16.1.1.18. privacyIDEA Server endpoints

The privacyIDEA-server REST API manages definitions of remote privacyIDEA servers. These definitions are referenced by the Remote token type to forward authentication requests, and by the Federation Handler Module event handler to chain privacyIDEA instances. See privacyIDEA server configuration for the conceptual chapter.

All endpoints require admin authentication. Read access is gated by the admin policy action privacyideaserver_read; create, update, delete and the test request are gated by privacyideaserver_write.
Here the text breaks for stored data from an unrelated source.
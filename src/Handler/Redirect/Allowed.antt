-- ===== src/Handler/Redirect/Allowed.antt =====
-- internal/handler/hosted_login.go: what isAllowedRedirect lets through.
use simple_auth.Prelude.{String, ◌^^◌, ◌≡◌, ◌⊎◌, true, ◌||◌, starts_with}
use simple_auth.Handler.Redirect.{ends_with}

-- The pattern is the URI itself, or a prefix and a '*', where the URI is the prefix, or continues it
-- after a '/', or continues it where it ends with '/' or with '.'.
abbrev pub Permits : String → String → Type 0
Permits allowed uri =
    (allowed ≡ uri)
    ⊎ ((prefix : String) × (allowed ≡ prefix ^^ "*")
        × ((uri ≡ prefix)
            ⊎ (starts_with uri (prefix ^^ "/") ≡ true)
            ⊎ ((starts_with uri prefix ≡ true)
                × ((ends_with b'/' prefix || ends_with b'.' prefix) ≡ true))))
POST /privacyideaserver/(identifier)

Create or update a privacyIDEA server definition. If a definition with the given identifier already exists it is updated; otherwise it is created. Spaces in identifier are replaced with underscores.

Requires admin authentication and the policy action privacyideaserver_write.

Parameters:

  • identifier – path component, the unique name of the definition.

JSON Parameters:

  • url – URL of the remote privacyIDEA server (required).

  • tls1 (default) to verify the TLS certificate of the remote server, 0 to skip verification.

  • description – free-form description.

Status Codes:
GET /privacyideaserver/

Return all privacyIDEA server definitions known to this server.

The result is a dictionary keyed by identifier; each value contains id, url, tls and description.

Requires admin authentication and the policy action privacyideaserver_read.

Status Codes:

  • 200 OK – dict of definitions in result.value.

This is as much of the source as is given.